→ BRIEF: Take the data below and extract the lines from the one with "let gone : lookup" to the one with "-- less than", inclusive, exactly as written.

◆ ◆ ◆ ◆

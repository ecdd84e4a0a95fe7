-- ===== src/Http/Engine/Sweep.antt =====
-- What `sweep` leaves.
use download_wrapper.Base.{
  sym, subst, ◌↔◌, ◌||◌, Option, some, ◌≡◌, refl, ap, ◌∙◌, inl, inr, true, false, Bool-cases, none,
  List, [], ◌∷◌, All, if◌then◌else◌, arith,
}
use download_wrapper.Base.Int.{ℤ, pos, ◌<ℤ◌, leb_ℤ, ◌+ℤ◌, ◌-ℤ◌, int_laws}
use download_wrapper.Api.{is_completed, is_error}
use download_wrapper.Text.{Text, text_eq}
use download_wrapper.Http.Task.{TaskCtx}
use download_wrapper.Http.Engine.{Registry, lookup, erase, is_reclaimed, to_reclaim, reclaim, sweep}
use download_wrapper.Store.Files.Keys.{text_eq_sound}
use download_wrapper.Http.Engine.Registry.{text_eq_self}

-- Each URL stands once.
abbrev pub IsMap : Registry → Type 0
IsMap [] = Unit
IsMap ((u, t) ∷ rest) = (lookup u rest ≡ none) × IsMap rest

-- The entries that are not to be reclaimed, in their order.
pub survivors : ℤ → Registry → Registry
survivors now [] = []
survivors now ((u, t) ∷ rest) =
    let kept = survivors now rest in if is_reclaimed now t then kept else (u, t) ∷ kept

abbrev Absent : Text → List Text → Type 0
Absent u us = All (λ v. text_eq u v ≡ false) us

text_eq_sym : (a b : Text) → text_eq a b ≡ text_eq b a
unfolding text_eq
text_eq_sym [] [] = refl
text_eq_sym [] (y ∷ b) = refl
text_eq_sym (x ∷ a) [] = refl
text_eq_sym (x ∷ a) (y ∷ b) = ground (arith, text_eq_sym a b)

lookup_rest :
    (u v : Text) (t : TaskCtx) (rest : Registry)
    → lookup u ((v, t) ∷ rest) ≡ none
    → (text_eq v u ≡ false) × (lookup u rest ≡ none)
unfolding lookup
lookup_rest u v t rest h = ground arith

to_reclaim-Absent :
    (now : ℤ) (u : Text) (tasks : Registry)
    → lookup u tasks ≡ none
    → Absent u (to_reclaim now tasks)
unfolding to_reclaim
to_reclaim-Absent now u [] h = tt
to_reclaim-Absent now u ((v, t) ∷ rest) h =
    let (apart, later) = lookup_rest u v t rest h in
    let more = to_reclaim-Absent now u rest later in
    let other : text_eq u v ≡ false = text_eq_sym u v ∙ apart in
    elim (Bool-cases (is_reclaimed now t)) [ inl e ↦ rw e (other, more) | inr e ↦ rw e more ]

erase_absent : (u : Text) (tasks : Registry) → lookup u tasks ≡ none → erase u tasks ≡ tasks
unfolding erase
erase_absent u [] h = refl
erase_absent u ((v, t) ∷ rest) h =
    let (apart, later) = lookup_rest u v t rest h in
    rw apart (ap (λ r. (v, t) ∷ r) (erase_absent u rest later))

erase_head :
    (u v : Text) (t : TaskCtx) (rest : Registry)
    → text_eq u v ≡ false
    → erase v ((u, t) ∷ rest) ≡ (u, t) ∷ erase v rest
unfolding erase
erase_head u v t rest h = rw h refl

erase_here : (u : Text) (t : TaskCtx) (rest : Registry) → erase u ((u, t) ∷ rest) ≡ erase u rest
unfolding erase
erase_here u t rest = rw (text_eq_self u) refl

reclaim_past :
    (us : List Text) (u : Text) (t : TaskCtx) (rest : Registry)
    → Absent u us
    → reclaim us ((u, t) ∷ rest) ≡ (u, t) ∷ reclaim us rest
unfolding reclaim
reclaim_past [] u t rest h = refl
reclaim_past (v ∷ us) u t rest h =
    ap (reclaim us) (erase_head u v t rest h.0) ∙ reclaim_past us u t (erase v rest) h.1

reclaim_first :
    (us : List Text) (u : Text) (t : TaskCtx) (rest : Registry)
    → lookup u rest ≡ none
    → reclaim (u ∷ us) ((u, t) ∷ rest) ≡ reclaim us rest
unfolding reclaim
reclaim_first us u t rest h = ap (reclaim us) (erase_here u t rest ∙ erase_absent u rest h)

reclaim_none : reclaim [] [] ≡ []
unfolding reclaim
reclaim_none = refl

reclaim-survivors :
    (now : ℤ) (tasks : Registry)
    → IsMap tasks
    → reclaim (to_reclaim now tasks) tasks ≡ survivors now tasks
unfolding to_reclaim survivors
reclaim-survivors now [] h = reclaim_none
reclaim-survivors now ((u, t) ∷ rest) h =
    let ih = reclaim-survivors now rest h.1 in
    elim (Bool-cases (is_reclaimed now t)) [
      | inl e ↦ rw e (reclaim_first (to_reclaim now rest) u t rest h.0 ∙ ih)
      | inr e ↦ rw e (
          reclaim_past (to_reclaim now rest) u t rest (to_reclaim-Absent now u rest h.0)
          ∙ ap (λ r. (u, t) ∷ r) ih)
    ]

keep : ℤ → Option TaskCtx → Option TaskCtx
keep now none = none
keep now (some t) = if is_reclaimed now t then none else some t

lookup-survivors :
    (now : ℤ) (u : Text) (tasks : Registry)
    → IsMap tasks
    → lookup u (survivors now tasks) ≡ keep now (lookup u tasks)
unfolding lookup survivors keep
lookup-survivors now u [] h = refl
lookup-survivors now u ((v, t) ∷ rest) (once, h) =
    let ih = lookup-survivors now u rest h in
    elim (Bool-cases (text_eq v u)) [
      | inl here ↦
          let gone : lookup u rest ≡ none =
            subst (λ x. lookup x rest ≡ none) (text_eq_sound v u here) once in
          elim (Bool-cases (is_reclaimed now t)) [
            | inl e ↦ rw (e, here, e) (ih ∙ ap (keep now) gone)
            | inr e ↦ rw (e, here, e) refl
          ]
      | inr apart ↦ elim (Bool-cases (is_reclaimed now t)) [
        | inl e ↦ rw (e, apart) ih
        | inr e ↦ rw (e, apart) ih
      ]
    ]

-- A transfer stays in the map: its thread runs; or nobody has asked for its deletion, and it has ended
-- less than four seconds ago, or has neither ended nor is to pause.
pub data Stays (now : ℤ) (t : TaskCtx) : Type 0 where
  runs : t.thread_done ≡ false → Stays now t
  is_shown :
      t.delete_req ≡ false
      → (is_completed t.status || is_error t.status) ≡ true
      → now <ℤ t.finished_at_ms +ℤ pos 4000
      → Stays now t
  is_wanted :
      t.delete_req ≡ false
      → (is_completed t.status || is_error t.status) ≡ false
      → t.pause_req ≡ false
      → Stays now t

late : (now ended : ℤ) → leb_ℤ (pos 4000) (now -ℤ ended) ≡ false → now <ℤ ended +ℤ pos 4000
late now ended h = grind int_laws

early : (now ended : ℤ) → now <ℤ ended +ℤ pos 4000 → leb_ℤ (pos 4000) (now -ℤ ended) ≡ false
early now ended h = grind int_laws

is_reclaimed-Stays : (now : ℤ) (t : TaskCtx) → is_reclaimed now t ≡ false → Stays now t
unfolding is_reclaimed
is_reclaimed-Stays now t h = elim (Bool-cases t.thread_done) [
  | inr e ↦ runs e
  | inl e ↦ elim (Bool-cases (is_completed t.status || is_error t.status)) [
    | inl ended ↦ is_shown (ground arith) ended (late now t.finished_at_ms (ground arith))
    | inr going ↦ is_wanted (ground arith) going (ground arith)
  ]
]

Stays-is_reclaimed : (now : ℤ) (t : TaskCtx) → Stays now t → is_reclaimed now t ≡ false
unfolding is_reclaimed
Stays-is_reclaimed now t (runs e) = ground arith
Stays-is_reclaimed now t (is_shown e f g) =
    let recent = early now t.finished_at_ms g in ground (arith, recent)
Stays-is_reclaimed now t (is_wanted e f g) = ground arith

kept_found :
    (now : ℤ) (o : Option TaskCtx) (t : TaskCtx) → keep now o ≡ some t → (o ≡ some t) × Stays now t
unfolding keep
kept_found now none t h = absurd (cc)
kept_found now (some v) t h = elim (Bool-cases (is_reclaimed now v)) [
  | inl e ↦ absurd (cc (rw e at h))
  | inr e ↦
      let same : v ≡ t = cc (rw e at h) in (ap some same, is_reclaimed-Stays now t (rw same at e))
]

found_kept : (now : ℤ) (t : TaskCtx) → is_reclaimed now t ≡ false → keep now (some t) ≡ some t
unfolding keep
found_kept now t h = rw h refl

-- In an engine that runs, and where each URL stands once in the map, a sweep leaves exactly the
-- transfers whose thread still runs, those that nobody has asked to delete and that ended less than
-- four seconds ago, and those that are neither deleted nor paused and have not ended: under a URL a
-- transfer is found after it if and only if it was found there before and is one of these.
pub sweep-Stays :
    (now : ℤ) (tasks : Registry)
    → IsMap tasks
    → (u : Text) (t : TaskCtx)
    → (lookup u (sweep true now tasks) ≡ some t) ↔ ((lookup u tasks ≡ some t) × Stays now t)
unfolding sweep
sweep-Stays now tasks h u t =
    let law : lookup u (sweep true now tasks) ≡ keep now (lookup u tasks) =
      ap (lookup u) (reclaim-survivors now tasks h) ∙ lookup-survivors now u tasks h in
    (
      λ found. kept_found now (lookup u tasks) t (sym law ∙ found),
      λ r. law ∙ ap (keep now) r.0 ∙ found_kept now t (Stays-is_reclaimed now t r.1),
    )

◆ ◆ ◆ ◆

→ WRITTEN SOLUTION:
          let gone : lookup u rest ≡ none =
            subst (λ x. lookup x rest ≡ none) (text_eq_sound v u here) once in
          elim (Bool-cases (is_reclaimed now t)) [
            | inl e ↦ rw (e, here, e) (ih ∙ ap (keep now) gone)
            | inr e ↦ rw (e, here, e) refl
          ]
      | inr apart ↦ elim (Bool-cases (is_reclaimed now t)) [
        | inl e ↦ rw (e, apart) ih
        | inr e ↦ rw (e, apart) ih
      ]
    ]

-- A transfer stays in the map: its thread runs; or nobody has asked for its deletion, and it has ended
-- less than four seconds ago, or has neither ended nor is to pause.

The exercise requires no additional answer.